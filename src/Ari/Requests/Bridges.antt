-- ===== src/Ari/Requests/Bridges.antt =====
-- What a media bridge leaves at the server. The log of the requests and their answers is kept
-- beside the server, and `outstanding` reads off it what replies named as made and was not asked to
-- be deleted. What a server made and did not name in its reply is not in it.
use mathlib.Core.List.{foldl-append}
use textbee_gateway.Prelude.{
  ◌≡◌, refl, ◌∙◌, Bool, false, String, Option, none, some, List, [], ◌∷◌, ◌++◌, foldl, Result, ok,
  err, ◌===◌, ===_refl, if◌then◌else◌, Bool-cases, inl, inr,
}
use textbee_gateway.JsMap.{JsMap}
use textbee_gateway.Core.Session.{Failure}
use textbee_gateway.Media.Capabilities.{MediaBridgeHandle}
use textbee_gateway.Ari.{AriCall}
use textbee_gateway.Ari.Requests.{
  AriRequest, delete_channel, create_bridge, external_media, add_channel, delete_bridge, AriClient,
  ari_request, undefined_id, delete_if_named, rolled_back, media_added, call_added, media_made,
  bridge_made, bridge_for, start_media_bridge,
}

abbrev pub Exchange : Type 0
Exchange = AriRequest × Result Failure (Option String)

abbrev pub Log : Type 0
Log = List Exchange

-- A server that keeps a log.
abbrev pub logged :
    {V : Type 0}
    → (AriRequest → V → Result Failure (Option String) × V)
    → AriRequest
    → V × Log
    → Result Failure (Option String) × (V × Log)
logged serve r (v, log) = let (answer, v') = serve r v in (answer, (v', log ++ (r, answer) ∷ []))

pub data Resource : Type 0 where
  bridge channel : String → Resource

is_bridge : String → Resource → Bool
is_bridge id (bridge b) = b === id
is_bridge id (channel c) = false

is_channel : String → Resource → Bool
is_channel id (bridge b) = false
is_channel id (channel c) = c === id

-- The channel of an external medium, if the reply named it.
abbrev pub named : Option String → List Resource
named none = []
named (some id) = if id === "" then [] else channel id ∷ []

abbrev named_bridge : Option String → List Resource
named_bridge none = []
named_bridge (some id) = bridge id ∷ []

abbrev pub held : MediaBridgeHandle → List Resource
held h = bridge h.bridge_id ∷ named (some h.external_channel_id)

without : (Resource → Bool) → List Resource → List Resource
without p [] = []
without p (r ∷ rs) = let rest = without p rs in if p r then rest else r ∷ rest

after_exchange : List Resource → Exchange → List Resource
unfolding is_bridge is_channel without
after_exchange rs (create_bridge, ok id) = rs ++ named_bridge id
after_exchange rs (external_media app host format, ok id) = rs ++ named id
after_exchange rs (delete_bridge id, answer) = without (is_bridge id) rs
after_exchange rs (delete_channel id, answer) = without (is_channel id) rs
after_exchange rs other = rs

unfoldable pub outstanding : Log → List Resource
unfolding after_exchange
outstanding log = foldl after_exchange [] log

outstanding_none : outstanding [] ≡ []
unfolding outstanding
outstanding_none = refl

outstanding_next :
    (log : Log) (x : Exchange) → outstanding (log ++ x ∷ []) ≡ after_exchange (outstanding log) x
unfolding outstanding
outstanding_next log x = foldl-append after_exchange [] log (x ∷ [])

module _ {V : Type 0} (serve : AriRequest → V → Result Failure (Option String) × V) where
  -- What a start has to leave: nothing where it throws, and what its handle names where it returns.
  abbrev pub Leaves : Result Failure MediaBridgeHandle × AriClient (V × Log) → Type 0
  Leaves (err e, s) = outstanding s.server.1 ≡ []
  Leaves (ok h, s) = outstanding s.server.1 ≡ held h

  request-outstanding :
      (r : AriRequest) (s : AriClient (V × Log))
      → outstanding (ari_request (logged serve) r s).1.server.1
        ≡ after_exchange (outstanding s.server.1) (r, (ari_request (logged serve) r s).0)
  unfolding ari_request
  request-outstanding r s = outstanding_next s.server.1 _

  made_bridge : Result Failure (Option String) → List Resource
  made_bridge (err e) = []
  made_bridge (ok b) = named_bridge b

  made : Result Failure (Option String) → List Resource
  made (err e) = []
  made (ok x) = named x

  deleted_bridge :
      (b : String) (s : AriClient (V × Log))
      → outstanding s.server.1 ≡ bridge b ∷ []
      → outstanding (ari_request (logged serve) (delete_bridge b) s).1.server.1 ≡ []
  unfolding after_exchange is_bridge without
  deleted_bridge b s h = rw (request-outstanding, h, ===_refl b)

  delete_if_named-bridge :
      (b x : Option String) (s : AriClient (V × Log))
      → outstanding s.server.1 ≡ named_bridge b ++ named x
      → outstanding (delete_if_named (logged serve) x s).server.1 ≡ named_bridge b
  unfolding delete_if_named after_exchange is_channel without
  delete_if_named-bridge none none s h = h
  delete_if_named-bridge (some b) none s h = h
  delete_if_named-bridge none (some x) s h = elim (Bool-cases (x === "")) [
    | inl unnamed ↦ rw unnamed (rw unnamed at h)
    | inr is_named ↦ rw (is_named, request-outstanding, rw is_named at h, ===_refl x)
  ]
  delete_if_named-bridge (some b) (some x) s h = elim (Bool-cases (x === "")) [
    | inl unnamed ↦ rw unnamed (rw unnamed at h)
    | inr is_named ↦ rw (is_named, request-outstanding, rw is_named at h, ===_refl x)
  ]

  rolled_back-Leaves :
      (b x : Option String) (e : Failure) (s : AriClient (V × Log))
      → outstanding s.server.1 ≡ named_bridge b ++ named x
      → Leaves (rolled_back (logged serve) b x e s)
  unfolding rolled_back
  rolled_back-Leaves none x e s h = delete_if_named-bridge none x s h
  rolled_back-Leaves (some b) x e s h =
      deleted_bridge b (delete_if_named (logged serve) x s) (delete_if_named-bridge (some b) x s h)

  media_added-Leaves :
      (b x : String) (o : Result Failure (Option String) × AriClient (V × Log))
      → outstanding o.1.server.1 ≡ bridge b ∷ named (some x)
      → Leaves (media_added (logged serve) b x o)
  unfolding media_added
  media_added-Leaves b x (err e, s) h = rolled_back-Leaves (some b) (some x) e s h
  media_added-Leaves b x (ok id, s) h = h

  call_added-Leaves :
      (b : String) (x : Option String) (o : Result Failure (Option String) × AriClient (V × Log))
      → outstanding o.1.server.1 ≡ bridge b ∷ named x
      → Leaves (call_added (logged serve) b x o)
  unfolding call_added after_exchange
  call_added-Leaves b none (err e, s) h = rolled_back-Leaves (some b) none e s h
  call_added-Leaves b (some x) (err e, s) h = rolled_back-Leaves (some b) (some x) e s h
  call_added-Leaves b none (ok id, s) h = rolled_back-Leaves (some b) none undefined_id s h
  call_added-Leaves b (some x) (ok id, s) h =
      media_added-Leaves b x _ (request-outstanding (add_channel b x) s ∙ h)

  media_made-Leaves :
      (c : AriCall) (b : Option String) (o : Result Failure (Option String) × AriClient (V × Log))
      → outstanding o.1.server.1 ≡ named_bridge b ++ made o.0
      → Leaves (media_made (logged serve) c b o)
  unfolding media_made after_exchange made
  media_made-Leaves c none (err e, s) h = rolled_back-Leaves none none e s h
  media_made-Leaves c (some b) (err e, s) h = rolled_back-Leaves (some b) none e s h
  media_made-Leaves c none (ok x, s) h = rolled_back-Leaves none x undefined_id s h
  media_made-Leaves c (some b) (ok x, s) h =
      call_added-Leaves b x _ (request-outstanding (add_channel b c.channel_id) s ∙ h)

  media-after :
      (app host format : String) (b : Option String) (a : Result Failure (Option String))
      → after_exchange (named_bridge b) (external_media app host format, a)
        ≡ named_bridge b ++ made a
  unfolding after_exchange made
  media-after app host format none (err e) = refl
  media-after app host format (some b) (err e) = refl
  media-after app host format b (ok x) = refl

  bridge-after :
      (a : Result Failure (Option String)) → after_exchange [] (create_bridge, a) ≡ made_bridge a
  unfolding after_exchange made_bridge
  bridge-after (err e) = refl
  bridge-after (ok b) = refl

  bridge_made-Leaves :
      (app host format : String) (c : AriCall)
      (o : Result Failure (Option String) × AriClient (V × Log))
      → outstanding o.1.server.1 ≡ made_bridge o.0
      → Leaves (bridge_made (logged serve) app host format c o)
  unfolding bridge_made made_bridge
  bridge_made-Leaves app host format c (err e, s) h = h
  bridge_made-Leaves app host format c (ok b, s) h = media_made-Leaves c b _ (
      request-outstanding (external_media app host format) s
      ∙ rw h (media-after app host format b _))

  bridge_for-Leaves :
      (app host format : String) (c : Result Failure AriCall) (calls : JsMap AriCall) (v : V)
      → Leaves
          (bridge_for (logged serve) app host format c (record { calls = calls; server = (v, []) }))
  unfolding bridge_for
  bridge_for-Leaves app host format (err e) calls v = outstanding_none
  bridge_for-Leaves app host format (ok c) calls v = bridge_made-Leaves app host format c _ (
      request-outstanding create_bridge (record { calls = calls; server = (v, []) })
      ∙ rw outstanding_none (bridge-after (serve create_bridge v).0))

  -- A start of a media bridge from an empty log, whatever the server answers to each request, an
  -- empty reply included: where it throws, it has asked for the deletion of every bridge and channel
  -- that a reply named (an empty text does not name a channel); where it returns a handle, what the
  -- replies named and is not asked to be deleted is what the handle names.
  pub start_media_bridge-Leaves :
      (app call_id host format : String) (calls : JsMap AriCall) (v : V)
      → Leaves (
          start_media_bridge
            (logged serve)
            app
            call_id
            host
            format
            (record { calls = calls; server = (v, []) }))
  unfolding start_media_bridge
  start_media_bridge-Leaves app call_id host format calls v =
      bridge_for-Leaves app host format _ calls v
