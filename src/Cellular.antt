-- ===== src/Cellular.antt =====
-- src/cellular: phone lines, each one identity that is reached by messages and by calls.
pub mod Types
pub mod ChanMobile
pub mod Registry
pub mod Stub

§ BRIEF
Take every line from the data that includes the word "foldl".

§ FINISHED EXERCISE
use mathlib.Core.List.{foldl-append}
  ◌≡◌, refl, ◌∙◌, Bool, false, String, Option, none, some, List, [], ◌∷◌, ◌++◌, foldl, Result, ok,
outstanding log = foldl after_exchange [] log
outstanding_next log x = foldl-append after_exchange [] log (x ∷ [])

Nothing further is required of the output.